1. Misidentifying the Threshold: The threshold is defined by frequency ($f_0$), not wavelength. While you can have a threshold wavelength (${\lambda }_0=c/f_0$), the fundamental cutoff is frequency. Light with a frequency below $f_0$, no matter how intense, will cause no emission.

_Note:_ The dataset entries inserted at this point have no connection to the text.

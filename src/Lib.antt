-- ===== src/Lib.antt =====
-- A model of the aioncore kernel, a small real-time operating system kernel for 32-bit x86, and the
-- theorems that make its parts correct.
--
-- The parts, and the files that model them:
--
--   Pmm.antt       mm/pmm.c and include/kernel/pmm.h, the allocator of 4 KB frames. Pmm is the state:
--                  the bitmap and the counters. Pmm/Init.antt is pmm_init. Pmm/Bitmap, Pmm/Alloc,
--                  Pmm/Reserve and Pmm/Init/Boot prove what each operation does, Pmm/Owners what
--                  holds under every sequence of calls.
--   Task.antt      the task control block of include/kernel/task.h.
--   Sched.antt     core/scheduler.c and include/kernel/scheduler.h. Kernel is the state: the control
--                  block at each address, the scheduler, the idle task and the kernel stack pointer
--                  of the task state segment. Sched/Run.antt has the entry points. Sched/Invariant
--                  reads the linked control blocks as one sequence of addresses per priority, and
--                  Sched/Run/Events takes the scheduler through every sequence of its events.
--   Percpu.antt    core/percpu.c and include/kernel/percpu.h, the data of each processor with its
--                  trace buffer, which Percpu/Trace reads as a bounded queue.
--   Gdt.antt       arch/x86/gdt.c and include/kernel/gdt.h, the segment descriptors; Gdt/Decode says
--                  what the processor reads from them.
--   Idt.antt       arch/x86/idt.c, the interrupt gates, the interrupt controller and the dispatch of
--                  interrupts, which calls the scheduler; Idt/Gates says what the processor reads.
--   Mmu.antt       arch/x86/mmu.c and include/kernel/mmu.h, page tables in frames of the frame
--                  allocator. Mmu is the state: the allocator, physical memory, the control
--                  registers. Mmu/Walk says which entry the processor finds for a page; Mmu/Map,
--                  Mmu/Create, Mmu/Destroy and Mmu/Boot prove what each operation does to it.
--   Syscall.antt   core/syscall.c and include/kernel/syscall.h, with task_exit and task_yield of
--                  core/task.c; Syscall/Served says what the calls do to the scheduler.
--   Tasks.antt     the rest of core/task.c, creation and destruction of tasks. Machine joins the
--                  scheduler's state with that of the page tables. Tasks/Stack is the first stack of
--                  a thread; Tasks/Create, Tasks/Destroy and Tasks/Init prove what the operations do.
--   Str.antt       lib/string.c, over memory as a function from addresses to bytes.
--   Console.antt   core/console.c and include/kernel/console.h, the multiplexer of output, whose array
--                  Console/Registry reads as a list.
--   Vga.antt       drivers/vga/vga_text.c and include/drivers/vga.h, the text screen. Vga is the state.
--                  Vga/Rows is about its loops, Vga/Cursor, Vga/Typing and Vga/Putchar take the cursor
--                  as one position, Vga/Reach follows every sequence of driver calls, and Vga/Driver
--                  has the calls of drivers/vga/vga.c through the driver pointer.
--   Number.antt    utoa, itoa, utoa64 and itoa64 of drivers/vga/vga.c, over the bytes of the buffer.
--                  Number/Digits and Number/Reverse are about their loops, Number/Convert and
--                  Number/Signed read the buffer back.
--   Kprintf.antt   kprintf of drivers/vga/vga.c. Printer is the state of a call; Kprintf/Counts and
--                  Kprintf/Format follow what is printed and counted, Kprintf/Plain and
--                  Kprintf/Padding say what certain formats print.
--   Serial.antt    drivers/serial/uart.c, the serial port; Serial/Write follows what is sent.
--   Hal.antt       arch/x86/hal.c and the inline functions of include/kernel/idt.h, the hardware layer.
--                  Cpu is the state: the tables, the flags, and how often a port and the time stamp
--                  counter have been read. Hal/Ready joins what Gdt and Idt say of their tables, and
--                  Hal/Masks is about the masks of the interrupt lines.
--   Timer.antt     arch/x86/timer.c, the interval timer. Timer/Divisor says what it is set to,
--                  Timer/Counter and Timer/Wait follow the wait for its ticks, Timer/Start the
--                  calibration as a whole, Timer/Reading the time in microseconds, and
--                  Timer/Interrupt goes from the interrupt through the handler to the scheduler.
--   Output.antt    drivers/vga/vga_console.c and drivers/serial/serial_console.c, the adapters between
--                  the console and its devices, with the part of core/init.c that registers them;
--                  Output/Both follows text to both devices.
--   User.antt      core/user.c and include/kernel/user.h, user tasks, on the state of Tasks.
--                  User/Copy follows the copy of the code through the page tables, User/Progress,
--                  User/Program, User/Create and User/Build go through the steps of
--                  task_create_user, User/Parts says what they come to, User/Whole what the
--                  function returns, and User/Scheduled puts the task among others.
--   Base.antt      shared helpers: Boolean tests, words, bits, sequences and linked neighbours.
--
-- How the parts meet: the scheduler links the control blocks that the task table owns, and stores
-- the top of the next task's kernel stack where gdt_set_kernel_stack does. Address spaces take their
-- directories and tables from the frame allocator, tasks their control blocks and stacks. On an interrupt, irq_handler
-- calls schedule if a reschedule was asked for; the timer's handler counts the tick and asks. A user
-- task takes its pages from the frame allocator, is mapped in the kernel's address space, and waits in a
-- run queue like any other. The frame allocator, the
-- trace buffers, the descriptors and the string functions are used by the rest of the kernel through
-- the operations modelled here.
--
-- Conventions. A definition has the name of the function that it models; a helper that stands for a
-- part of a function names the part. Numbers are natural numbers, and each operation on a machine
-- word writes out its wrap-around; size_t and addresses have 32 bits. NULL is 0, and a store has a
-- cell at every address, so that a read through NULL reads the cell 0; the invariants exclude it. A
-- loop with a bound is structural recursion. The walk over the boot loader's memory map and the
-- loops up to a string's terminator are on fuel: Walk-bounded bounds the walk by the bytes of the
-- map, and for strings fuel above the length is enough. The digits of a
-- number of w bits take at most w rounds, and kprintf takes at most a round for each character of the
-- format. The wait for the serial port is on fuel, which has to reach the next time it is ready, and the wait
-- for the interval timer on fuel that has to reach the reading by which the ticks have passed. The hardware
-- that User/Copy writes through is the walk of Mmu/Walk; a byte is a part of a word of physical memory.
--
-- Parameters: the argument words of kprintf, the answers of the serial port and of the
-- other ports, the bounds of the built-in user program, the memory map that the
-- boot loader leaves, the bounds of the linked kernel image, the addresses of static tables and of
-- functions, what a thread's entry point does, the results of console backends' init functions, the
-- effects of interrupt handlers, the addresses of assembly stubs, the number of the running
-- processor and its time stamp counter.
--
-- The words of a control block's page are not followed: memset and the stores in it change the store of
-- control blocks alone. Control blocks, page directories and page tables are reached at their physical
-- addresses, as if every frame were mapped to itself; mmu_init maps the first 16 MB, so this leaves out
-- the page fault on a frame beyond them. The width of a kprintf directive is unbounded.
--
-- Not modelled: the messages that the parts print, assembly (the context switch, loading of tables,
-- halting, flushing), and the assertions, which a release build compiles out. Of the hardware layer, word
-- ports, the stubs without an effect and the table of function pointers have no model; the interrupt
-- flag is part of Cpu alone. Of start-up (core/init.c), which calls the initialisation of the other parts
-- in order and prints between the calls, the start of the console alone has a model.
pub mod Base
pub mod Pmm
pub mod Task
pub mod Sched
pub mod Percpu
pub mod Gdt
pub mod Str
pub mod Console
pub mod Idt
pub mod Syscall
pub mod Tasks
pub mod Mmu
pub mod Vga
pub mod Number
pub mod Kprintf
pub mod Serial
pub mod Hal
pub mod Timer
pub mod User
pub mod Output
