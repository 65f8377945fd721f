-- ===== src/Base/Bits/Digits.antt =====
-- One step of the native bit operations, from the digit recursion that defines them.
use Prim.Native.Nat.{bit_and, bit_or, digits, bit_and-bitwise, bit_or-bitwise, min, max}
use aioncore.Base.{ℕ, zero, suc, ◌+◌, ◌-◌, ◌*◌, ◌/◌, ◌%◌, ◌≤◌, ◌≡◌, refl, arith}

-- The recursion has ended once its count of rounds covers the left operand.
module _ (rest : ℕ → ℕ) (op : ℕ → ℕ → ℕ) where
  extra_rounds :
      (more rounds x y : ℕ)
      → x ≤ rounds
      → digits rest op (rounds + more) x y ≡ digits rest op rounds x y
  extra_rounds zero zero x y le = refl
  extra_rounds (suc more) zero zero y le =
      let z : 0 + suc more ≡ suc more = omega arith in rw z refl
  extra_rounds (suc more) zero (suc x) y le = elim le [ ]
  extra_rounds more (suc rounds) zero y le =
      let z : suc rounds + more ≡ suc (rounds + more) = omega arith in rw z refl
  extra_rounds more (suc rounds) (suc x) y le =
      let halves : suc x / 2 ≤ rounds = omega arith in
      let z : suc rounds + more ≡ suc (rounds + more) = omega arith in
      rw z (omega (arith, extra_rounds more rounds (suc x / 2) (y / 2) halves))

pub zero-bit_and : (y : ℕ) → bit_and 0 y ≡ 0
zero-bit_and = bit_and-bitwise 0

pub zero-bit_or : (y : ℕ) → bit_or 0 y ≡ y
zero-bit_or = bit_or-bitwise 0

-- Half of `suc x`, and the rounds that it leaves over.
spare : (x : ℕ) → suc x / 2 + (x - suc x / 2) ≡ x
spare x = omega arith

pub bit_and_step : (x y : ℕ) → bit_and x y ≡ min (x % 2) (y % 2) + 2 * bit_and (x / 2) (y / 2)
bit_and_step zero y =
    let here = zero-bit_and y in let below = zero-bit_and (y / 2) in omega (arith, here, below)
bit_and_step (suc x) y =
    let h = suc x / 2 in
    let same = extra_rounds (λ _. 0) min (x - h) h h (y / 2) (omega arith) in
    omega (arith, rw (spare x) at same, bit_and-bitwise h (y / 2), bit_and-bitwise (suc x) y)

pub bit_or_step : (x y : ℕ) → bit_or x y ≡ max (x % 2) (y % 2) + 2 * bit_or (x / 2) (y / 2)
bit_or_step zero y =
    let here = zero-bit_or y in let below = zero-bit_or (y / 2) in omega (arith, here, below)
bit_or_step (suc x) y =
    let h = suc x / 2 in
    let same = extra_rounds (λ d. d) max (x - h) h h (y / 2) (omega arith) in
    omega (arith, rw (spare x) at same, bit_or-bitwise h (y / 2), bit_or-bitwise (suc x) y)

1. Forgetting "Maximum" Kinetic Energy: Einstein's equation gives $K{E}_{max}$. Many electrons will be emitted with less energy due to collisions. When a problem asks for "the kinetic energy of the emitted electrons," it typically implies the maximum value unless stated otherwise. The stopping potential measures this maximum value.

Summary

• Einstein's photoelectric equation $hf=\varphi +K{E}_{max}$ is the fundamental energy conservation law for the effect.
• The work function $\varphi$ is the minimum energy needed to eject an electron, and it is related to the threshold frequency by $\varphi =h{f}_0$.
• The maximum kinetic energy of photoelectrons is $K{E}_{max}=hf-\varphi$, and it can be measured experimentally as $K{E}_{max}=e{V}_s$, where $V_s$ is the stopping potential.
• A graph of $K{E}_{max}$ vs. frequency $f$ is a straight line with a gradient of $h$, a y-intercept of $-\varphi$, and an x-intercept of $f_0$.
• Master unit conversion between electronvolts (eV) and joules (J), ensuring consistency throughout your calculations to avoid common errors.